(What you have to do)
The full listing should be set down again precisely.

(Excerpted records)

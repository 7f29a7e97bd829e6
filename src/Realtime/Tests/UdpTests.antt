-- ===== src/Realtime/Tests/UdpTests.antt =====
-- Tests of Udp: the theorems with a small text format.
use kotatsu_backend.Prelude.{
  ==_of_eq, ℕ_eq, ◌≡◌, refl, String_eq, false, [], ◌∷◌, none, some, arith, All,
}
use kotatsu_backend.HashMap.{lookup, insert, remove}
use kotatsu_backend.Realtime.Types.{MatchRoom, Ticket, PlayerHandle, SocketAddr, udp, error}
use kotatsu_backend.Realtime.Player.{entering}
use kotatsu_backend.Realtime.State.{Server, ClientSession}
use kotatsu_backend.Realtime.ControlPlane.{issue_join_ticket, delete_room}
use kotatsu_backend.Realtime.Udp.Join.{checking, consuming, done, join_step, join_run, handle_join}
use kotatsu_backend.Realtime.Udp.Join.Effects.{handle_join_accepted, handle_join_unsent}
use kotatsu_backend.Realtime.Udp.Join.Stale.{handle_join_after_delete}
use kotatsu_backend.Realtime.Udp.Join.Race.{handle_join_race}
use kotatsu_backend.Realtime.Udp.Join.Issued.{handle_join_issued}
use kotatsu_backend.Realtime.Udp.Handlers.{handle_udp_packet}
use kotatsu_backend.Realtime.Udp.Strangers.{handle_udp_packet_stranger}
use kotatsu_backend.Realtime.Udp.Outgoing.{flush_outgoing}
use kotatsu_backend.Realtime.Udp.Flush.{waiting, flush_outgoing_lem}
use kotatsu_backend.Realtime.Samples.{core, server, lobby, running, ticket, codec, env, join_env}

handle_join_accepted_example :
    let s' = handle_join codec join_env 7004 "t_1" server in
    (s'.core ≡ record {
      matches =
          insert "m_1"
            (record lobby {
              players = insert "p_d" (entering none "dave" 7004 4) lobby.players;
              last_activity_unix = 1500;
            })
            core.matches;
      tickets = remove "t_1" core.tickets;
    })
    × (s'.sent ≡ record { dest = 7004; bytes = 1 ∷ 123 ∷ [] } ∷ [])
    × (lookup 7004 s'.clients
        ≡ some (record { match_id = "m_1"; player_id = "p_d"; addr = 7004; tx = 4; rx = 4 }))
    × (lookup 4 s'.channels ≡ some [])
unfolding lookup
handle_join_accepted_example =
    handle_join_accepted codec join_env 7004 "t_1" server ticket lobby (123 ∷ []) refl refl
      (omega arith) refl (omega arith) refl refl

handle_join_unsent_example :
    let s' = handle_join codec (record join_env { accepted = false }) 7004 "t_1" server in
    (room' : MatchRoom) × (lookup "m_1" s'.core.matches ≡ some room')
    × (lookup "p_d" room'.players ≡ none)
    × (lookup 7004 s'.clients ≡ none)
    × (lookup 4 s'.channels ≡ none)
    × (lookup "t_1" s'.core.tickets ≡ none)
    × (s'.sent ≡ [])
unfolding lookup
handle_join_unsent_example =
    handle_join_unsent codec (record join_env { accepted = false }) 7004 "t_1" server ticket lobby
      "p_d" refl refl (omega arith) refl (omega arith) refl

-- Dave joins the lobby, which is deleted; he has a ticket for the started match as well.
abbrev second_ticket : Ticket
second_ticket = record ticket { match_id = "m_2" }

abbrev with_second : Server
with_second = record server {
  core = record core { tickets = ("t_1", ticket) ∷ ("t_2", second_ticket) ∷ [] };
}

handle_join_after_delete_example :
    let joined = handle_join codec join_env 7004 "t_1" with_second in
    let deleted = record joined { core = (delete_room "m_1" joined.core).1 } in
    let s' = handle_join codec join_env 7004 "t_2" deleted in
    (lookup "m_1" deleted.core.matches ≡ none)
    × (s' ≡ deleted)
    × (lookup "t_2" s'.core.tickets ≡ some second_ticket)
    × (lookup "m_2" s'.core.matches ≡ some running)
unfolding lookup
handle_join_after_delete_example =
    handle_join_after_delete codec join_env join_env 7004 "t_1" "t_2" with_second ticket
      second_ticket lobby running (123 ∷ []) refl refl (omega arith) refl (omega arith) refl refl
      (refl, (refl, tt)) refl (λ q. absurd (ground (arith, ==_of_eq "t_1" "t_2" q))) refl
      (λ q. absurd (ground (arith, ==_of_eq "m_1" "m_2" q)))

handle_join_issued_example :
    let s1 = record server {
      core = (issue_join_ticket "udp://h" "m_1" "eve" "9" "t_2" 1100 core).1;
    } in
    let s' = handle_join codec join_env 7004 "t_2" s1 in
    (room : MatchRoom) × (p : PlayerHandle) × (lookup "m_1" s'.core.matches ≡ some room)
    × (lookup "p_9" room.players ≡ some p)
    × (p.connection ≡ some (udp 7004))
    × (lookup 7004 s'.clients
        ≡ some (record { match_id = "m_1"; player_id = "p_9"; addr = 7004; tx = 4; rx = 4 }))
    × (lookup "t_2" s'.core.tickets ≡ none)
unfolding lookup issue_join_ticket
handle_join_issued_example =
    handle_join_issued codec join_env 7004 "udp://h" "m_1" "eve" "9" "t_2" 1100 server
      (record {
        match_id = "m_1";
        player_id = "p_9";
        token = "t_2";
        token_expires_at_unix = 4700;
        udp_url = "udp://h";
      })
      refl (omega arith) (omega arith) refl refl (λ msg. (123 ∷ [], refl))

-- A position from an address that has not joined.
handle_udp_packet_stranger_example : handle_udp_packet codec env 7009 (2 ∷ 3 ∷ []) server ≡ server
unfolding lookup
handle_udp_packet_stranger_example =
    handle_udp_packet_stranger codec env 7009 (2 ∷ 3 ∷ []) server refl
      (λ payload e. absurd (ground arith))

flush_outgoing_example :
    let s = record server { channels = (1, error "a" "b" ∷ []) ∷ (2, []) ∷ [] } in
    let s' = flush_outgoing codec s in
    (s'.sent ≡ record { dest = 7001; bytes = 1 ∷ 123 ∷ [] } ∷ [])
    × All (λ (d : SocketAddr × ClientSession). waiting d.1 s'.channels ≡ []) server.clients
    × (s'.core ≡ core)
    × (s'.clients ≡ server.clients)
unfolding lookup
flush_outgoing_example =
    flush_outgoing_lem codec (record server { channels = (1, error "a" "b" ∷ []) ∷ (2, []) ∷ [] })
      (((λ e. ground arith), tt), (tt, tt))

abbrev two_tickets : Server
two_tickets = record server {
  core = record core {
    tickets = ("t_1", ticket) ∷ ("t_2", record ticket { player_id = "p_e" }) ∷ [];
  };
}

handle_join_race_example :
    let join_env' = record join_env { channel = 5 } in
    let s1 = handle_join codec join_env 7004 "t_1" two_tickets in
    let (task, s2) = join_run codec join_env' 7004 "t_2" 6 consuming s1 in
    (join_step codec join_env' 7004 "t_2" checking two_tickets ≡ (consuming, two_tickets))
    × (task ≡ done)
    × ((room' : MatchRoom) × (p : PlayerHandle) × (lookup "m_1" s2.core.matches ≡ some room')
        × (lookup "p_d" room'.players ≡ some p)
        × (p.reliable_tx ≡ 4)
        × (lookup 4 s2.channels ≡ none)
        × (lookup 7004 s2.clients
            ≡ some (record { match_id = "m_1"; player_id = "p_e"; addr = 7004; tx = 5; rx = 5 })))
unfolding lookup
handle_join_race_example =
    handle_join_race codec join_env (record join_env { channel = 5 }) 7004 "t_1" "t_2" two_tickets
      ticket (record ticket { player_id = "p_e" }) lobby refl refl refl
      (λ q. absurd (ground (arith, ==_of_eq "t_1" "t_2" q))) (omega arith) (omega arith) refl
      (λ q. absurd (ground (arith, ==_of_eq "p_e" "p_d" q))) refl (omega arith) refl refl
      (λ msg. (123 ∷ [], refl))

(The answer)
repository 7f29a7e97bd829e6
filename src/Realtime/Tests/UdpTests.antt
-- ===== src/Realtime/Tests/UdpTests.antt =====
-- Tests of Udp: the theorems with a small text format.
use kotatsu_backend.Prelude.{
  ==_of_eq, ℕ_eq, ◌≡◌, refl, String_eq, false, [], ◌∷◌, none, some, arith, All,
}
use kotatsu_backend.HashMap.{lookup, insert, remove}
use kotatsu_backend.Realtime.Types.{MatchRoom, Ticket, PlayerHandle, SocketAddr, udp, error}
use kotatsu_backend.Realtime.Player.{entering}
use kotatsu_backend.Realtime.State.{Server, ClientSession}
use kotatsu_backend.Realtime.ControlPlane.{issue_join_ticket, delete_room}
use kotatsu_backend.Realtime.Udp.Join.{checking, consuming, done, join_step, join_run, handle_join}
use kotatsu_backend.Realtime.Udp.Join.Effects.{handle_join_accepted, handle_join_unsent}
use kotatsu_backend.Realtime.Udp.Join.Stale.{handle_join_after_delete}
use kotatsu_backend.Realtime.Udp.Join.Race.{handle_join_race}
use kotatsu_backend.Realtime.Udp.Join.Issued.{handle_join_issued}
use kotatsu_backend.Realtime.Udp.Handlers.{handle_udp_packet}
use kotatsu_backend.Realtime.Udp.Strangers.{handle_udp_packet_stranger}
use kotatsu_backend.Realtime.Udp.Outgoing.{flush_outgoing}
use kotatsu_backend.Realtime.Udp.Flush.{waiting, flush_outgoing_lem}
use kotatsu_backend.Realtime.Samples.{core, server, lobby, running, ticket, codec, env, join_env}

handle_join_accepted_example :
    let s' = handle_join codec join_env 7004 "t_1" server in
    (s'.core ≡ record {
      matches =
          insert "m_1"
            (record lobby {
              players = insert "p_d" (entering none "dave" 7004 4) lobby.players;
              last_activity_unix = 1500;
            })
            core.matches;
      tickets = remove "t_1" core.tickets;
    })
    × (s'.sent ≡ record { dest = 7004; bytes = 1 ∷ 123 ∷ [] } ∷ [])
    × (lookup 7004 s'.clients
        ≡ some (record { match_id = "m_1"; player_id = "p_d"; addr = 7004; tx = 4; rx = 4 }))
    × (lookup 4 s'.channels ≡ some [])
unfolding lookup
handle_join_accepted_example =
    handle_join_accepted codec join_env 7004 "t_1" server ticket lobby (123 ∷ []) refl refl
      (omega arith) refl (omega arith) refl refl

handle_join_unsent_example :
    let s' = handle_join codec (record join_env { accepted = false }) 7004 "t_1" server in
    (room' : MatchRoom) × (lookup "m_1" s'.core.matches ≡ some room')
    × (lookup "p_d" room'.players ≡ none)
    × (lookup 7004 s'.clients ≡ none)
    × (lookup 4 s'.channels ≡ none)
    × (lookup "t_1" s'.core.tickets ≡ none)
    × (s'.sent ≡ [])
unfolding lookup
handle_join_unsent_example =
    handle_join_unsent codec (record join_env { accepted = false }) 7004 "t_1" server ticket lobby
      "p_d" refl refl (omega arith) refl (omega arith) refl

-- Dave joins the lobby, which is deleted; he has a ticket for the started match as well.
abbrev second_ticket : Ticket
second_ticket = record ticket { match_id = "m_2" }

abbrev with_second : Server
with_second = record server {
  core = record core { tickets = ("t_1", ticket) ∷ ("t_2", second_ticket) ∷ [] };
}

handle_join_after_delete_example :
    let joined = handle_join codec join_env 7004 "t_1" with_second in
    let deleted = record joined { core = (delete_room "m_1" joined.core).1 } in
    let s' = handle_join codec join_env 7004 "t_2" deleted in
    (lookup "m_1" deleted.core.matches ≡ none)
    × (s' ≡ deleted)
    × (lookup "t_2" s'.core.tickets ≡ some second_ticket)
    × (lookup "m_2" s'.core.matches ≡ some running)
unfolding lookup
handle_join_after_delete_example =
    handle_join_after_delete codec join_env join_env 7004 "t_1" "t_2" with_second ticket
      second_ticket lobby running (123 ∷ []) refl refl (omega arith) refl (omega arith) refl refl
      (refl, (refl, tt)) refl (λ q. absurd (ground (arith, ==_of_eq "t_1" "t_2" q))) refl
      (λ q. absurd (ground (arith, ==_of_eq "m_1" "m_2" q)))

handle_join_issued_example :
    let s1 = record server {
      core = (issue_join_ticket "udp://h" "m_1" "eve" "9" "t_2" 1100 core).1;
    } in
    let s' = handle_join codec join_env 7004 "t_2" s1 in
    (room : MatchRoom) × (p : PlayerHandle) × (lookup "m_1" s'.core.matches ≡ some room)
    × (lookup "p_9" room.players ≡ some p)
    × (p.connection ≡ some (udp 7004))
    × (lookup 7004 s'.clients
        ≡ some (record { match_id = "m_1"; player_id = "p_9"; addr = 7004; tx = 4; rx = 4 }))
    × (lookup "t_2" s'.core.tickets ≡ none)
unfolding lookup issue_join_ticket
handle_join_issued_example =
    handle_join_issued codec join_env 7004 "udp://h" "m_1" "eve" "9" "t_2" 1100 server
      (record {
        match_id = "m_1";
        player_id = "p_9";
        token = "t_2";
        token_expires_at_unix = 4700;
        udp_url = "udp://h";
      })
      refl (omega arith) (omega arith) refl refl (λ msg. (123 ∷ [], refl))

-- A position from an address that has not joined.
handle_udp_packet_stranger_example : handle_udp_packet codec env 7009 (2 ∷ 3 ∷ []) server ≡ server
unfolding lookup
handle_udp_packet_stranger_example =
    handle_udp_packet_stranger codec env 7009 (2 ∷ 3 ∷ []) server refl
      (λ payload e. absurd (ground arith))

flush_outgoing_example :
    let s = record server { channels = (1, error "a" "b" ∷ []) ∷ (2, []) ∷ [] } in
    let s' = flush_outgoing codec s in
    (s'.sent ≡ record { dest = 7001; bytes = 1 ∷ 123 ∷ [] } ∷ [])
    × All (λ (d : SocketAddr × ClientSession). waiting d.1 s'.channels ≡ []) server.clients
    × (s'.core ≡ core)
    × (s'.clients ≡ server.clients)
unfolding lookup
flush_outgoing_example =
    flush_outgoing_lem codec (record server { channels = (1, error "a" "b" ∷ []) ∷ (2, []) ∷ [] })
      (((λ e. ground arith), tt), (tt, tt))

abbrev two_tickets : Server
two_tickets = record server {
  core = record core {
    tickets = ("t_1", ticket) ∷ ("t_2", record ticket { player_id = "p_e" }) ∷ [];
  };
}

handle_join_race_example :
    let join_env' = record join_env { channel = 5 } in
    let s1 = handle_join codec join_env 7004 "t_1" two_tickets in
    let (task, s2) = join_run codec join_env' 7004 "t_2" 6 consuming s1 in
    (join_step codec join_env' 7004 "t_2" checking two_tickets ≡ (consuming, two_tickets))
    × (task ≡ done)
    × ((room' : MatchRoom) × (p : PlayerHandle) × (lookup "m_1" s2.core.matches ≡ some room')
        × (lookup "p_d" room'.players ≡ some p)
        × (p.reliable_tx ≡ 4)
        × (lookup 4 s2.channels ≡ none)
        × (lookup 7004 s2.clients
            ≡ some (record { match_id = "m_1"; player_id = "p_e"; addr = 7004; tx = 5; rx = 5 })))
unfolding lookup
handle_join_race_example =
    handle_join_race codec join_env (record join_env { channel = 5 }) 7004 "t_1" "t_2" two_tickets
      ticket (record ticket { player_id = "p_e" }) lobby refl refl refl
      (λ q. absurd (ground (arith, ==_of_eq "t_1" "t_2" q))) (omega arith) (omega arith) refl
      (λ q. absurd (ground (arith, ==_of_eq "p_e" "p_d" q))) refl (omega arith) refl refl
      (λ msg. (123 ∷ [], refl))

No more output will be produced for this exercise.